Of my grandma brothers and sister; Her brother Edley McQuire married Adaline Susan Melton. They had two children; Ida May and Henry. His second wife was Sarah (West) Smith and there were two children from this union; Laura C. and Ora L. great grandpa McQuire also helped raise his sister Nancy McQuire who was only 4 when their mother died.

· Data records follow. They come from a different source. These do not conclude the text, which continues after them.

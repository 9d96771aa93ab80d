-- ===== src/Provisioner/Dump/Laws.antt =====
-- A dumped group, load balancer or application agrees with what it was dumped from.
use apprun_dedicated_provisi.Base.{
  ℤ, pos, String, Bool, ◌||◌, Option, none, some, List, [], ◌∷◌, ◌++◌, map, ◌≡◌, refl, ap, ap₂, ◌∙◌,
  arith, All-imp, All-map, concat_map-nil_iff, inl, inr, Option-cases, ◌==◌, string_eq,
}
use apprun_dedicated_provisi.Base.Dict.{
  Dict, lookup, index_by, DistinctBy, lookup-index_by_self, lookup-index_by-map, map_option,
}
use apprun_dedicated_provisi.Api.{
  AutoScalingGroupNodeInterface, ReadAutoScalingGroupDetail, LoadBalancerInterface,
  ReadLoadBalancerDetail, IpRange, ExposedPort, ReadEnvironmentVariable,
  ReadApplicationVersionDetail, Opt, opt_get, nil_get,
}
use apprun_dedicated_provisi.Infra.{api_range, config_range, opt_or, ptr_or}
use apprun_dedicated_provisi.Infra.Interfaces.{SameInterfaces-map_back}
use apprun_dedicated_provisi.Asg.{current_index as asg_current, desired_index as asg_desired}
use apprun_dedicated_provisi.Asg.Laws.{
  SameInterface as SameAsgInterface, SameSettings as SameAsgSettings,
}
use apprun_dedicated_provisi.Lb.{current_index as lb_current, desired_index as lb_desired}
use apprun_dedicated_provisi.Lb.Laws.{
  SameInterface as SameLbInterface, SameSettings as SameLbSettings,
}
use apprun_dedicated_provisi.Spec.{
  Differ, normalize_from_api, normalize_from_config, normalize_api_port, normalize_config_port,
  compare_specs,
}
use apprun_dedicated_provisi.Spec.Laws.{IsDiff, lines, compare_specs-same}
use apprun_dedicated_provisi.State.{State, get_password_version}
use apprun_dedicated_provisi.Version.{
  current_key, desired_key, nil_text, ptr_text, secret_changes, text_changes, desired_changes,
  removed_changes, compare_env, compare_version, password_changes,
}
use apprun_dedicated_provisi.Provisioner.Dump.{
  dump_asg_interface, dump_asg, dump_lb_interface, dump_lb, dump_port, dump_env, dump_spec,
}

api_range-config_range : (rs : List IpRange) → rs ≡ map api_range (map config_range rs)
api_range-config_range [] = refl
api_range-config_range (r ∷ rs) = ap (◌∷◌ r) (api_range-config_range rs)

opt_or-opt_get : {A : Type 0} (a : A) (o : Opt A) → opt_or a o ≡ ptr_or a (opt_get o)
opt_or-opt_get a o = ground arith

SameAsgInterface-dump :
    (i : AutoScalingGroupNodeInterface) → SameAsgInterface i (dump_asg_interface i)
unfolding dump_asg_interface
SameAsgInterface-dump i = record {
  upstream = refl;
  connects = refl;
  netmask = opt_or-opt_get (pos 0) i.netmask_len;
  gateway = opt_or-opt_get "" i.default_gateway;
  packet_filter = opt_or-opt_get "" i.packet_filter_id;
  pool = api_range-config_range i.ip_pool;
}

SameLbInterface-dump : (i : LoadBalancerInterface) → SameLbInterface i (dump_lb_interface i)
unfolding dump_lb_interface
SameLbInterface-dump i = record {
  upstream = refl;
  netmask = opt_or-opt_get (pos 0) i.netmask_len;
  gateway = opt_or-opt_get "" i.default_gateway;
  vip = opt_or-opt_get "" i.vip;
  router = opt_or-opt_get (pos 0) i.virtual_router_id;
  packet_filter = opt_or-opt_get "" i.packet_filter_id;
  pool = api_range-config_range i.ip_pool;
}

pub dump_asg-SameSettings : (asg : ReadAutoScalingGroupDetail) → SameAsgSettings asg (dump_asg asg)
unfolding dump_asg
dump_asg-SameSettings asg = record {
  zone = refl;
  service_class = refl;
  min = refl;
  max = refl;
  servers = refl;
  interfaces =
      SameInterfaces-map_back asg_current asg_desired SameAsgInterface dump_asg_interface
        (unfold dump_asg_interface in λ i. refl) SameAsgInterface-dump asg.interfaces;
}

pub dump_lb-SameSettings :
    (name : String) (lb : ReadLoadBalancerDetail) → SameLbSettings lb (dump_lb name lb)
unfolding dump_lb
dump_lb-SameSettings name lb = record {
  service_class = refl;
  servers = refl;
  interfaces =
      SameInterfaces-map_back lb_current lb_desired SameLbInterface dump_lb_interface
        (unfold dump_lb_interface in λ i. refl) SameLbInterface-dump lb.interfaces;
}

normalize-dump_port : (p : ExposedPort) → normalize_config_port (dump_port p) ≡ normalize_api_port p
unfolding normalize_config_port normalize_api_port dump_port
normalize-dump_port p = elim (Option-cases (nil_get p.health_check)) [
  | inl missing ↦ ground arith
  | inr (hc, found) ↦ ground arith
]

normalize-dump_ports :
    (ps : List ExposedPort)
    → map normalize_config_port (map dump_port ps) ≡ map normalize_api_port ps
normalize-dump_ports [] = refl
normalize-dump_ports (p ∷ ps) = ap₂ ◌∷◌ (normalize-dump_port p) (normalize-dump_ports ps)

-- A dumped specification has the normal form of the version that it was dumped from.
pub normalize-dump_spec :
    (v : ReadApplicationVersionDetail) → normalize_from_config (dump_spec v) ≡ normalize_from_api v
unfolding normalize_from_config normalize_from_api dump_spec
normalize-dump_spec v =
    ground
      (arith, normalize-dump_ports v.exposed_ports, string_eq.beq_iff v.registry_username.value "")

dump_env_key : (e : ReadEnvironmentVariable) → (dump_env e).key ≡ e.key
unfolding dump_env
dump_env_key e = refl

module _ (s : State) (app : String) where
  dumped_unchanged :
      (m : Dict String ReadEnvironmentVariable) (e : ReadEnvironmentVariable)
      → lookup e.key m ≡ some e
      → desired_changes s app m (dump_env e) ≡ []
  unfolding desired_changes secret_changes text_changes dump_env
  dumped_unchanged m e found =
      ground (arith, string_eq.beq_iff (nil_text e.value) (ptr_text (dump_env e).value))

  compare_env-dump_env :
      (env : List ReadEnvironmentVariable)
      → DistinctBy current_key env
      → compare_env s app env (map dump_env env) ≡ []
  unfolding compare_env
  compare_env-dump_env env distinct =
      let found = lookup-index_by_self current_key env distinct in
      let at : (e : ReadEnvironmentVariable)
          → lookup e.key (index_by current_key env) ≡ some e
          → lookup e.key (index_by desired_key (map dump_env env)) ≡ some (dump_env e) =
        λ e h.
          lookup-index_by-map current_key desired_key dump_env dump_env_key env e.key
          ∙ ap (map_option dump_env) h in
      ap₂ ◌++◌
        ((concat_map-nil_iff _ (map dump_env env)).1
          (All-map _ dump_env env (All-imp _ _ env (λ e h. dumped_unchanged _ e h) found)))
        ((concat_map-nil_iff _ env).1 (
          All-imp _ _ env (λ e h. unfold removed_changes in rw (at e h, removed_changes) refl)
            found))

specs_same :
    (diff : Differ) (is_diff : IsDiff diff) (v : ReadApplicationVersionDetail) (skip_image : Bool)
    → lines
        (compare_specs diff (normalize_from_api v) (normalize_from_config (dump_spec v)) skip_image)
      ≡ []
specs_same diff is_diff v skip_image =
    rw (normalize-dump_spec v) (compare_specs-same diff is_diff (normalize_from_api v) skip_image)

-- Let `diff` report no difference where there is none, let the version list no variable twice, and let
-- the state have no password version for the application. Then a plan finds nothing to change in an
-- application whose latest version is the one that its configuration was dumped from, also where the
-- state has versions of its secrets, which a dump has not.
pub compare_version-dump_spec :
    (diff : Differ) (is_diff : IsDiff diff) (s : State) (app : String)
    (v : ReadApplicationVersionDetail)
    → DistinctBy current_key v.env
    → get_password_version s app ≡ none
    → compare_version diff s app v (dump_spec v) ≡ []
unfolding compare_version dump_spec password_changes
compare_version-dump_spec diff is_diff s app v distinct fresh =
    ap₂ ◌++◌ (specs_same diff is_diff v ((dump_spec v).inherit_image || (dump_spec v).image == ""))
      (ap₂ ◌++◌ (compare_env-dump_env s app v.env distinct)
        (ap (λ (p : Option ℤ). password_changes p none) fresh))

Great uncle Edley McQuire’s daughter Ida May married John Culbertson and they had 7 children; Zelda Pearl, 5-11-1897, Alta Theora 2-5-1901, John Edley 9-3-1903, Henry Allen 6-18-1905, Otis Jerry 9-29-1909, Oren 8-12-1913, 5-6-1914, and James Maxwell 8-2-1914. Zelda Pearl married Albert Tippet and they had 4 children; Geraldine, Juanita, Jeanette, and Martin A. Of these Geraldine married Cotton Fry and they have one girl; Carrol Ann Fry. Juanita married A. G. Peck and they have two girls; Gay and Anita. Gay married Fred Blackmore, a Naval man. Jeanette married Robert Taylor and they have three girls; Bonnie, Dianne, and Katherin, Martin A. married Patrick Butcher and have one daughter Mary and an adopted daughter, Martha.

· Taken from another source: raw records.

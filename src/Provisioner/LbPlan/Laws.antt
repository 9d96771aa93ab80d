-- ===== src/Provisioner/LbPlan/Laws.antt =====
-- What the planned actions on load balancers are.
use apprun_dedicated_provisi.Base.{
  String, Bool, true, false, none, some, List, [], ◌∷◌, map, concat_map, ◌≡◌, ◌≢◌, refl, ◌↔◌, inl,
  inr, Option-cases, Bool-cases, All, All-append, All-unappend, All-concat_map, All-map_every,
  All-iff, string_eq,
}
use apprun_dedicated_provisi.Base.Dict.{Dict, RangeOrder, IsShuffle}
use apprun_dedicated_provisi.Config.{LoadBalancerConfig}
use apprun_dedicated_provisi.Api.{Uuid, ReadAutoScalingGroupDetail, ReadLoadBalancerDetail}
use apprun_dedicated_provisi.Lb.{compare_lb}
use apprun_dedicated_provisi.Lb.Laws.{SameSettings, compare_lb_iff}
use apprun_dedicated_provisi.Provisioner.AsgPlan.{AsgAction}
use apprun_dedicated_provisi.Provisioner.LbPlan.{
  LbAction, LbActionType, delete, recreate, noop, skip, Lbs, is_recreating, asg_id_of, current_lb,
  is_desired, compared, plan_lb, skip_lb, skip_lbs, plan_lbs,
}

-- Nothing to do for the action.
abbrev pub is_quiet : LbActionType → Bool
is_quiet noop = true
is_quiet skip = true
is_quiet _ = false

abbrev pub IsQuiet : LbAction → Type 0
IsQuiet a = is_quiet a.action ≡ true

-- The action names the load balancer that is listed under its name in its group, and that group.
pub record Recreates (asgs : List ReadAutoScalingGroupDetail) (lbs : Lbs) (a : LbAction)
    : Type 0 where
  pub lb : ReadLoadBalancerDetail
  pub listed_lb : current_lb a.asg_name a.name lbs ≡ some lb
  pub deletes_lb : a.existing_id ≡ some lb.load_balancer_id
  pub asg : Uuid
  pub listed_asg : asg_id_of a.asg_name asgs ≡ some asg
  pub in_asg : a.asg_id ≡ some asg

-- What Apply relies on: no plain deletion, a recreation knows the load balancer to delete and its
-- group, and a load balancer is not left as it is in a group that is recreated.
pub record IsSound (asgs : List ReadAutoScalingGroupDetail) (asg_actions : List AsgAction)
    (lbs : Lbs) (a : LbAction) : Type 0 where
  pub no_delete : a.action ≢ delete
  pub recreates : a.action ≡ recreate → Recreates asgs lbs a
  pub follows : is_recreating a.asg_name asg_actions ≡ true → a.action ≢ noop

module _ (range : RangeOrder) (asg_actions : List AsgAction) where
  compared-IsSound :
      (asgs : List ReadAutoScalingGroupDetail) (lbs : Lbs) (c : ReadLoadBalancerDetail) (asg : Uuid)
      (d : LoadBalancerConfig)
      → asg_id_of d.auto_scaling_group_name asgs ≡ some asg
      → current_lb d.auto_scaling_group_name d.name lbs ≡ some c
      → (recreating : Bool) (changes : List String)
      → is_recreating d.auto_scaling_group_name asg_actions ≡ recreating
      → IsSound asgs asg_actions lbs (compared range c asg d recreating changes)
  unfolding compared
  compared-IsSound asgs lbs c asg d has_asg found true changes h = record {
    no_delete = λ p. cc;
    recreates = λ p. record {
      lb = c;
      listed_lb = found;
      deletes_lb = refl;
      asg = asg;
      listed_asg = has_asg;
      in_asg = refl;
    };
    follows = λ r p. cc;
  }
  compared-IsSound asgs lbs c asg d has_asg found false (line ∷ changes) h = record {
    no_delete = λ p. cc;
    recreates = λ p. record {
      lb = c;
      listed_lb = found;
      deletes_lb = refl;
      asg = asg;
      listed_asg = has_asg;
      in_asg = refl;
    };
    follows = λ r p. cc;
  }
  compared-IsSound asgs lbs c asg d has_asg found false [] h = record {
    no_delete = λ p. cc;
    recreates = λ p. cc;
    follows = λ r p. cc;
  }

  plan_lb-IsSound :
      (asgs : List ReadAutoScalingGroupDetail) (lbs : Lbs) (d : LoadBalancerConfig)
      → IsSound asgs asg_actions lbs (plan_lb range asgs asg_actions lbs d)
  unfolding plan_lb
  plan_lb-IsSound asgs lbs d = elim (Option-cases (asg_id_of d.auto_scaling_group_name asgs)) [
    | inl no_asg ↦
        rw (no_asg, plan_lb)
          (record { no_delete = λ p. cc; recreates = λ p. cc; follows = λ r p. cc })
    | inr (asg, has_asg) ↦ elim (Option-cases (current_lb d.auto_scaling_group_name d.name lbs)) [
      | inl missing ↦
          rw (has_asg, missing, plan_lb)
            (record { no_delete = λ p. cc; recreates = λ p. cc; follows = λ r p. cc })
      | inr (c, found) ↦
          rw (has_asg, found, plan_lb)
            (compared-IsSound asgs lbs c asg d has_asg found _ (compare_lb range c d) refl)
    ]
  ]

  skip_lbs-All :
      (Q : LbAction → Type 0)
      → ((asg lb : String)
          → Q (record {
            action = skip;
            name = lb;
            asg_name = asg;
            changes = "not in YAML, skipping" ∷ [];
            existing_id = none;
            asg_id = none;
          }))
      → (desired : List LoadBalancerConfig) (lbs : Lbs) → All Q (skip_lbs range desired lbs)
  unfolding skip_lbs
  skip_lbs-All Q h desired lbs =
      All-concat_map Q (λ entry. concat_map (skip_lb range desired entry.0) (range _ entry.1))
        (range (String × Dict String ReadLoadBalancerDetail) lbs)
        (λ entry. All-concat_map Q (skip_lb range desired entry.0) (range _ entry.1) (one entry.0))
    where
      one :
          (asg : String) (entry : String × ReadLoadBalancerDetail)
          → All Q (skip_lb range desired asg entry)
      one asg (lb, c) = elim (Bool-cases (is_desired asg lb desired)) [
        | inl wanted ↦ rw (wanted, skip_lb) tt
        | inr other ↦ rw (other, skip_lb) (h asg lb, tt)
      ]

  -- In whatever order maps are visited: no planned action on a load balancer deletes it for good, each
  -- that recreates one has the identifier of the load balancer that is listed under its name in its
  -- group and the identifier under which this group is listed, and a load balancer that is planned as
  -- unchanged is in no group that the actions on groups recreate.
  pub plan_lbs-IsSound :
      (asgs : List ReadAutoScalingGroupDetail) (lbs : Lbs) (desired : List LoadBalancerConfig)
      → All (IsSound asgs asg_actions lbs) (plan_lbs range asgs asg_actions lbs desired)
  unfolding plan_lbs
  plan_lbs-IsSound asgs lbs desired =
      All-append (IsSound asgs asg_actions lbs) (map (plan_lb range asgs asg_actions lbs) desired) _
        (All-map_every (IsSound asgs asg_actions lbs) _ desired (plan_lb-IsSound asgs lbs))
        (skip_lbs-All (IsSound asgs asg_actions lbs)
          (λ asg lb. record { no_delete = λ p. cc; recreates = λ p. cc; follows = λ r p. cc })
          desired lbs)

  module _ (shuffle : IsShuffle range) where
    -- The group is listed and not recreated, and the load balancer listed in it has the configured
    -- settings.
    pub record UpToDate (asgs : List ReadAutoScalingGroupDetail) (lbs : Lbs)
        (d : LoadBalancerConfig) : Type 0 where
      pub asg : Uuid
      pub has_asg : asg_id_of d.auto_scaling_group_name asgs ≡ some asg
      pub lb : ReadLoadBalancerDetail
      pub has_lb : current_lb d.auto_scaling_group_name d.name lbs ≡ some lb
      pub kept : is_recreating d.auto_scaling_group_name asg_actions ≡ false
      pub same : SameSettings lb d

    compared-IsQuiet :
        (c : ReadLoadBalancerDetail) (asg : Uuid) (d : LoadBalancerConfig) (recreating : Bool)
        (changes : List String)
        → IsQuiet (compared range c asg d recreating changes)
          ↔ ((recreating ≡ false) × (changes ≡ []))
    unfolding compared
    compared-IsQuiet c asg d true changes = (λ p. cc, λ p. cc)
    compared-IsQuiet c asg d false (line ∷ changes) = (λ p. cc, λ p. cc)
    compared-IsQuiet c asg d false [] = (λ p. (refl, refl), λ p. refl)

    plan_lb-IsQuiet :
        (asgs : List ReadAutoScalingGroupDetail) (lbs : Lbs) (d : LoadBalancerConfig)
        → IsQuiet (plan_lb range asgs asg_actions lbs d) ↔ UpToDate asgs lbs d
    unfolding plan_lb
    plan_lb-IsQuiet asgs lbs d = (
      (λ p. elim (Option-cases (asg_id_of d.auto_scaling_group_name asgs)) [
        | inl no_asg ↦ cc (rw (no_asg, plan_lb) at p)
        | inr (asg, has_asg) ↦
            elim (Option-cases (current_lb d.auto_scaling_group_name d.name lbs)) [
              | inl missing ↦ cc (rw (has_asg, missing, plan_lb) at p)
              | inr (c, found) ↦
                  let (kept, unchanged) =
                    (compared-IsQuiet c asg d _ (compare_lb range c d)).0
                      (rw (has_asg, found, plan_lb) at p) in
                  record {
                    asg = asg;
                    has_asg = has_asg;
                    lb = c;
                    has_lb = found;
                    kept = kept;
                    same = (compare_lb_iff range shuffle c d).0 unchanged;
                  }
            ]
      ]),
      (λ u.
          rw (u.has_asg, u.has_lb, plan_lb)
            ((compared-IsQuiet u.lb u.asg d _ (compare_lb range u.lb d)).1
              (u.kept, (compare_lb_iff range shuffle u.lb d).1 u.same))),
    )

    -- In whatever order maps are visited: the plan has nothing to do for load balancers, that is all
    -- its actions are no-ops or skips, exactly when for every configured one the group is listed and
    -- not recreated, and the load balancer is listed in it with the configured settings.
    pub plan_lbs-IsQuiet_iff :
        (asgs : List ReadAutoScalingGroupDetail) (lbs : Lbs) (desired : List LoadBalancerConfig)
        → All IsQuiet (plan_lbs range asgs asg_actions lbs desired)
          ↔ All (UpToDate asgs lbs) desired
    unfolding plan_lbs
    plan_lbs-IsQuiet_iff asgs lbs desired =
        let each =
          All-iff IsQuiet (UpToDate asgs lbs) (plan_lb range asgs asg_actions lbs) desired
            (plan_lb-IsQuiet asgs lbs) in
        (
          (λ all. each.0 (All-unappend IsQuiet _ _ all)),
          (λ all.
              All-append IsQuiet _ _ (each.1 all)
                (skip_lbs-All IsQuiet (λ asg lb. refl) desired lbs)),
        )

Grandma Becky (McQuire) DeWitt’s brother John McQuire married Katherine West (sister to Sarah (West, Smith) and they had 7 children; Anna, Jean, Ott, Mamie, Vada, Hazel and Walter. They lived in Rogers, Ark., and at one time great uncle John McQuire served as Mayor.

Grandma Becky’s sister Mary McQuire married Robert Armstrong Copp and they lived at Calico Rock, Arkansas. I obtained their childrens names from my mother Lydia DeWitt Ackerman but her memory at the time was rather vague. The names she gave me were; Judge, Elizabeth, Julia, and Jep. I remember them visiting us at Billings, Mo. when I was quite small and was amazed at the way my cousins would rush out to see the Frisco trains that passed through Billings at this time.

Cousin Ida May also wrote that great great grandpa McQuire’s name was believed to be William McQuire and he came from Virginia.